WORK REQUEST: Write out, word for word, only the lines from the one containing "abbrev moved : Invite" through the final line of the data.

SUPPLIED INFORMATION:
-- ===== src/Relay/Connections/Handover.antt =====
-- A device that reconnects.
use crypto_pigeon.Prelude.{
  ℕ, ◌≡◌, refl, false, ◌&&◌, Option, none, some, List, [], ◌∷◌, arith, delete, ◌==◌, if◌then◌else◌,
  Bool-cases, Option-cases, inl, inr,
}
use crypto_pigeon.Relay.Db.{Uuid, Opaque, Db}
use crypto_pigeon.Relay.Sockets.{Socket, Net, client_of, register, unregister}
use crypto_pigeon.Relay.Connections.{is_client, is_authorized, connect, close}

client_of-delete :
    (d e : Uuid) (cs : List (Uuid × Socket))
    → client_of e (delete (λ c. c.0 == d) cs) ≡ (if d == e then none else client_of e cs)
unfolding client_of
client_of-delete d e [] = ground arith
client_of-delete d e ((c, ws) ∷ cs) = ground (arith, client_of-delete d e cs)

client_of-register :
    (d e : Uuid) (ws : Socket) (net : Net)
    → client_of e (register d ws net).clients
      ≡ (if d == e then some ws else client_of e net.clients)
unfolding register client_of
client_of-register d e ws net = ground (arith, client_of-delete d e net.clients)

client_of-unregister :
    (d e : Uuid) (ws : Socket) (net : Net)
    → client_of e (unregister d ws net).clients
      ≡ (if d == e && is_client ws (client_of d net.clients) then none else client_of e net.clients)
unfolding unregister is_client
client_of-unregister d e ws net = elim (Option-cases (client_of d net.clients)) [
  | inl gone ↦ rw (gone, unregister) (ground arith)
  | inr (current, there) ↦ elim (Bool-cases (current.socket_id == ws.socket_id)) [
    | inl same ↦ rw (there, unregister) (rw same (ground (arith, client_of-delete d e net.clients)))
    | inr other ↦ rw (there, unregister) (rw other (ground arith))
  ]
]

-- What happens to the table: sockets connect for their device, and sockets close.
pub data Event : Type 0 where
  connects closes : Uuid → Socket → Event

unfoldable pub apply : Event → Net → Net
apply (connects d ws) net = (connect d ws net).1
apply (closes d ws) net = close d ws net

-- The last event stands first.
unfoldable pub apply_all : List Event → Net → Net
apply_all [] net = net
apply_all (ev ∷ evs) net = apply ev (apply_all evs net)

-- The table as a map from devices to sockets, without its order.
abbrev pub Clients : Type 0
Clients = Uuid → Option Socket

unfoldable pub apply_map : Event → Clients → Clients
apply_map (connects d ws) m e = if d == e then some ws else m e
apply_map (closes d ws) m e = if d == e && is_client ws (m d) then none else m e

unfoldable pub apply_all_map : List Event → Clients → Clients
apply_all_map [] m = m
apply_all_map (ev ∷ evs) m = apply_map ev (apply_all_map evs m)

abbrev pub Refines : Net → Clients → Type 0
Refines net m = (e : Uuid) → client_of e net.clients ≡ m e

apply-Refines :
    (ev : Event) (net : Net) (m : Clients) → Refines net m → Refines (apply ev net) (apply_map ev m)
unfolding apply apply_map connect close
apply-Refines (connects d ws) net m h e = rw (client_of-register d e ws net) (rw (h e) refl)
apply-Refines (closes d ws) net m h e = rw (client_of-unregister d e ws net) (rw (h e, h d) refl)

-- The table of clients, whatever connects and closes, is the map in which a connection replaces the
-- previous one of its device, and a closing socket takes its device out only while it is the one that
-- stands for it.
pub apply_all-Refines :
    (evs : List Event) (net : Net) (m : Clients)
    → Refines net m
    → Refines (apply_all evs net) (apply_all_map evs m)
unfolding apply_all apply_all_map
apply_all-Refines [] net m h = h
apply_all-Refines (ev ∷ evs) net m h =
    apply-Refines ev (apply_all evs net) (apply_all_map evs m) (apply_all-Refines evs net m h)

-- A device that has reconnected.
pub record IsHandedOver (device : Uuid) (old new : Socket) (net : Net) : Type 0 where
  pub current : client_of device (close device old (connect device new net).1).clients ≡ some new
  pub refused :
      (sha256 : Opaque → Opaque) (now : ℕ) (token : Opaque) (header : Option Opaque) (db : Db)
      → is_authorized sha256 now token header device old db (connect device new net).1 ≡ false

-- When a device connects again, its new socket stands for it, and goes on doing so when the old one
-- closes; the old one is no longer authorized, whatever its token.
pub connect-IsHandedOver :
    (device : Uuid) (old new : Socket) (net : Net)
    → (new.socket_id == old.socket_id) ≡ false
    → IsHandedOver device old new net
unfolding connect close is_authorized is_client
connect-IsHandedOver device old new net ne = record {
  current = ground (
    arith,
    client_of-unregister device device old (register device new net),
    client_of-register device device new net,
  );
  refused = λ sha256 now token header db. ground (arith, client_of-register device device new net);
}
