-- ===== src/Examples/Links.antt =====
-- The sockets and the boxes of the relay at concrete inputs.
use crypto_pigeon.Prelude.{
  ℕ, ◌≡◌, refl, true, false, none, some, List, [], ◌∷◌, text_eq, if◌then◌else◌,
}
use crypto_pigeon.Relay.Sockets.{Socket, Net, client_of}
use crypto_pigeon.Relay.Conversations.{permitted}
use crypto_pigeon.Relay.Auth.{authenticate}
use crypto_pigeon.Relay.Dropboxes.{exchanged, user_of, insert_ack, exchange_ack}
use crypto_pigeon.Relay.Dropboxes.Exchange.{IsExchanged, exchange_twice}
use crypto_pigeon.Relay.Connections.{Upgrade, upgrade, before_query, ws_path, token_of, destroyed}
use crypto_pigeon.Relay.Connections.Admission.{as_handshake, upgrade-authenticate}
use crypto_pigeon.Relay.Connections.Handover.{
  Event, connects, closes, apply_all, apply_all_map, Refines, apply_all-Refines,
}
use crypto_pigeon.Examples.Fixtures.{friends}

abbrev socket : ℕ → Socket
socket id = record { socket_id = id; open_state = true; buffered = 0; throws = false }

abbrev no_clients : Net
no_clients = record { clients = []; sent = [] }

no_clients-Refines : Refines no_clients (λ d. none)
unfolding client_of
no_clients-Refines d = refl

-- A device connects, connects again, and its first socket closes.
abbrev reconnection : List Event
reconnection = closes 11 (socket 1) ∷ connects 11 (socket 2) ∷ connects 11 (socket 1) ∷ []

apply_all-Refines_example :
    Refines (apply_all reconnection no_clients) (apply_all_map reconnection (λ d. none))
apply_all-Refines_example = apply_all-Refines reconnection no_clients (λ d. none) no_clients-Refines

abbrev handshake : Upgrade
handshake = record {
  url = b'/' ∷ b'w' ∷ b's' ∷ b'?' ∷ b't' ∷ [];
  bearer = some 9;
  query_token = none;
  vault_instance = none;
}

upgrade-authenticate_example : upgrade (λ h. h) 100 handshake friends ≡ (
    if text_eq (before_query handshake.url) ws_path
    then as_handshake
        (authenticate (λ h. h) 100 (token_of handshake) handshake.vault_instance friends)
    else destroyed)
upgrade-authenticate_example = upgrade-authenticate (λ h. h) 100 handshake friends

eleven_is_alice : user_of 11 friends ≡ some 1
unfolding user_of
eleven_is_alice = refl

twelve_is_bob : user_of 12 friends ≡ some 2
unfolding user_of
twelve_is_bob = refl

friends-permitted : permitted 1 2 friends.permissions ≡ true
unfolding permitted
friends-permitted = refl

exchange_twice_example :
    (exchange_ack 11 12 [] friends ≡ (exchanged false, insert_ack 1 2 [], friends))
    × IsExchanged 2 1 friends
        (exchange_ack 12 11 (insert_ack 1 2 []) friends).2
        (exchange_ack 12 11 (insert_ack 1 2 []) friends).1
        (exchange_ack 12 11 (insert_ack 1 2 []) friends).0
exchange_twice_example =
    exchange_twice 11 12 1 2 [] friends eleven_is_alice twelve_is_bob refl friends-permitted refl
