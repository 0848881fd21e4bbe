-- ===== src/Examples/Onion.antt =====
-- The onion service, the routing of requests and the relay client at concrete inputs.
use crypto_pigeon.Prelude.{
  find, ◌≡◌, refl, Bool, true, false, ◌&&◌, ◌||◌, Option, none, some, [], ◌∷◌, Text, ltb, length,
  ◌==◌, if◌then◌else◌, text_eq,
}
use crypto_pigeon.Relay.Db.{Opaque}
use crypto_pigeon.Daemon.Local.{Outgoing, queued, Message, Local}
use crypto_pigeon.Daemon.Onion.{
  is_device, Peer, Envelope, post, envelopes, Incoming, Signed, Tables, Onion, receive,
}
use crypto_pigeon.Daemon.Onion.Admission.{Admits, receive-Admits}
use crypto_pigeon.Daemon.Routing.{
  is_direct, is_hybrid, direct_tor_p2p, hybrid_tor_relay, Job, Routing, pending, ack, send, route,
}
use crypto_pigeon.Daemon.Routing.Delivery.{
  World, by_peer, by_relay, deliver, envelope_of, flush_routed,
}
use crypto_pigeon.Daemon.Routing.Pieces.{
  Network, BlobJob, asks_for_chunk, chunk_answer, keep_chunk, fetch_chunks, fetch_blob,
}
use crypto_pigeon.Daemon.Routing.Direct.{
  request, timer, chunks, ever_contacts_relay, ever_contacts_relay-direct,
}
use crypto_pigeon.Daemon.Routing.Acks.{are_distinct, IsSplit, route-IsSplit}
use crypto_pigeon.Daemon.Routing.Jobs.{IsDelivery, deliver-IsDelivery, flush_routed-direct}
use crypto_pigeon.Daemon.Client.Events.{asks, logs_in, clears, run}
use crypto_pigeon.Daemon.Client.Session.{signed_out, IsPresent, run-IsPresent}
use crypto_pigeon.Daemon.Invites.{Invite, Book, World as Reading, import_contact}
use crypto_pigeon.Daemon.Invites.Pins.{import_contact-keeps}
use crypto_pigeon.Daemon.Passwords.{
  valid, too_short, too_simple, validate_password_strength, is_mixed,
  validate_password_strength_lem,
}
use crypto_pigeon.Examples.Fixtures.{repeated}

abbrev carol : Peer
carol = record { device_id = 21; contact_id = 3; onion = 5; auth_key = 77 }

abbrev hello : Envelope
hello = record { envelope_id = 501; mailbox_id = 11; ciphertext = 1 ∷ 2 ∷ []; options = 0 }

abbrev tables : Tables
tables = record {
  peers = carol ∷ [];
  contacts = [];
  conversations = [];
  messages = [];
  attachments = [];
  links = [];
  parts = [];
  inbox = [];
}

abbrev service : Onion
service = record {
  stopped = false;
  device_id = 11;
  peer_envelopes = 0;
  peer_chunks = 0;
  peer_error = none;
  tables = tables;
}

abbrev verify : Opaque → Signed → Opaque → Bool
verify key signed signature = key == signature

abbrev parse : Text → Option Envelope
parse body = some hello

abbrev delivery : Incoming
delivery = record {
  method = post;
  target = envelopes;
  body = 9 ∷ [];
  sender = 21;
  time = some 1000000;
  nonce = repeated 32 b'a';
  signature = 77;
}

receive-Admits_example :
    Admits verify parse 1000500 1000600 delivery service
      (receive verify parse 1000500 1000600 delivery service).0
      (receive verify parse 1000500 1000600 delivery service).1.tables
receive-Admits_example = receive-Admits verify parse 1000500 1000600 delivery service

abbrev greeting : Outgoing
greeting = record {
  envelope_id = 501;
  message_id = 601;
  mailbox_id = 21;
  ciphertext = 9;
  created_at = 0;
}

abbrev farewell : Outgoing
farewell = record greeting { envelope_id = 502; message_id = 602; mailbox_id = 22 }

abbrev greeting_message : Message
greeting_message = record {
  message_id = 601;
  conversation_id = 4;
  is_sent = true;
  plaintext = 8;
  envelope = some 501;
  status = queued;
  disappear_at = none;
}

abbrev store : Local
store = record {
  messages = greeting_message ∷ [];
  outbox = greeting ∷ farewell ∷ [];
  seen = [];
  side = record {
    contacts = [];
    remotes = [];
    conversations = [];
    controls = [];
    links = [];
    attachments = [];
    profiles = [];
    typing = [];
    ratchets = 0;
  };
}

abbrev router : Routing
router = record {
  mode = direct_tor_p2p;
  has_transport = true;
  serverless = true;
  can_prepare = true;
  can_prepare_download = true;
  jobs = [];
  blob_jobs = [];
  tables = record tables { inbox = record { envelope = hello; sender_id = 21 } ∷ [] };
  spool = [];
  cached = [];
  downloads = [];
  store = store;
}

abbrev hybrid : Routing
hybrid = record router { mode = hybrid_tor_relay }

abbrev job : Job
job = record { envelope = hello; peer = some carol; has_transport = true }

-- The peer is offline; the relay would accept.
abbrev offline : World
offline = record {
  peer_accepts = λ p e. false;
  is_same_before = true;
  relay_accepts = λ e. true;
  is_same_after = true;
}

-- The peer has no chunk; the relay would have it.
abbrev unheard : Network
unheard = record {
  peer_gives = λ i. none;
  is_same_before = λ i. true;
  relay_gives = λ i. some (repeated 12 1, repeated 17 2);
  is_same_after = λ i. true;
}

abbrev blob_job : BlobJob
blob_job = record { blob_id = 70; chunk_count = 1; chunk_nonces = repeated 12 1 ∷ [] }

asks_in_hybrid : (fetch_blob unheard blob_job hybrid).0 ≡ true
unfolding fetch_blob fetch_chunks keep_chunk chunk_answer asks_for_chunk is_hybrid text_eq
asks_in_hybrid = refl

ever_contacts_relay-direct_example :
    ever_contacts_relay
      (request (send hello) ∷ timer offline job ∷ chunks unheard blob_job ∷ request pending ∷ [])
      router
    ≡ false
ever_contacts_relay-direct_example =
    ever_contacts_relay-direct
      (request (send hello) ∷ timer offline job ∷ chunks unheard blob_job ∷ request pending ∷ [])
      router refl

hybrid-uses_tor : (is_direct hybrid.mode || is_hybrid hybrid.mode) ≡ true
unfolding is_direct is_hybrid
hybrid-uses_tor = refl

ids-distinct : are_distinct (501 ∷ 777 ∷ []) ≡ true
unfolding are_distinct
ids-distinct = refl

route-IsSplit_example : IsSplit (501 ∷ 777 ∷ []) hybrid (route (ack (501 ∷ 777 ∷ [])) hybrid)
route-IsSplit_example = route-IsSplit (501 ∷ 777 ∷ []) hybrid hybrid-uses_tor ids-distinct

deliver-IsDelivery_example :
    IsDelivery 501
      ((by_peer offline job (some carol) || by_relay offline job hybrid) && true)
      store
      (deliver offline job hybrid).store
deliver-IsDelivery_example = deliver-IsDelivery offline job hybrid

abbrev bytes : Opaque → Text
bytes c = c ∷ []

flush_routed-direct_example :
    flush_routed bytes (λ o. true) (greeting ∷ farewell ∷ []) router
    ≡ (0, (route (send (envelope_of bytes greeting)) router).1)
flush_routed-direct_example =
    flush_routed-direct bytes (λ o. true) greeting (farewell ∷ []) router refl

run-IsPresent_example : IsPresent (
    run
      (asks 0 1
        ∷ clears
        ∷ logs_in (record { generation = 0; number = 1 }) false (some (9, 3600000))
        ∷ asks 0 2
        ∷ [])
      signed_out)
run-IsPresent_example = run-IsPresent (
    asks 0 1
    ∷ clears
    ∷ logs_in (record { generation = 0; number = 1 }) false (some (9, 3600000))
    ∷ asks 0 2
    ∷ [])

abbrev password : Text
password = b'P' ∷ b'i' ∷ b'g' ∷ b'e' ∷ b'o' ∷ b'n' ∷ b'-' ∷ b'2' ∷ b'0' ∷ b'2' ∷ b'6' ∷ b'!' ∷ []

validate_password_strength_lem_example : validate_password_strength password ≡ (
    if ltb (length password) 12 then too_short else if is_mixed password then valid else too_simple)
validate_password_strength_lem_example = validate_password_strength_lem password

abbrev book : Book
book = record {
  device_id = 11;
  keys = record {
    contacts = [];
    sessions = [];
    prekeys = [];
    signed_prekeys = [];
    kyber_prekeys = [];
  };
  remotes = [];
  onions = carol ∷ [];
  conversations = [];
}

-- An invitation of Carol's device with another address.
abbrev moved : Invite
moved = record {
  username = 3;
  onion = 6;
  user_id = 3;
  device_id = 21;
  signal_device_id = 1;
  device_auth_key = 77;
  identity_key = 30;
  prekeys = 91 ∷ 92 ∷ [];
}

abbrev reader : Reading
reader = record {
  verifies = λ k p. true;
  address_of = λ u d. u;
  establish = λ a i k. some k;
  fresh = 400;
}

finds_carol : find (is_device 21) book.onions ≡ some carol
unfolding is_device
finds_carol = refl

import_contact-keeps_example :
    find (is_device 21) (import_contact reader moved book).1.onions ≡ some carol
import_contact-keeps_example = import_contact-keeps 21 carol reader moved book finds_carol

COMPLETED EXERCISE:
abbrev moved : Invite
moved = record {
  username = 3;
  onion = 6;
  user_id = 3;
  device_id = 21;
  signal_device_id = 1;
  device_auth_key = 77;
  identity_key = 30;
  prekeys = 91 ∷ 92 ∷ [];
}

abbrev reader : Reading
reader = record {
  verifies = λ k p. true;
  address_of = λ u d. u;
  establish = λ a i k. some k;
  fresh = 400;
}

finds_carol : find (is_device 21) book.onions ≡ some carol
unfolding is_device
finds_carol = refl

import_contact-keeps_example :
    find (is_device 21) (import_contact reader moved book).1.onions ≡ some carol
import_contact-keeps_example = import_contact-keeps 21 carol reader moved book finds_carol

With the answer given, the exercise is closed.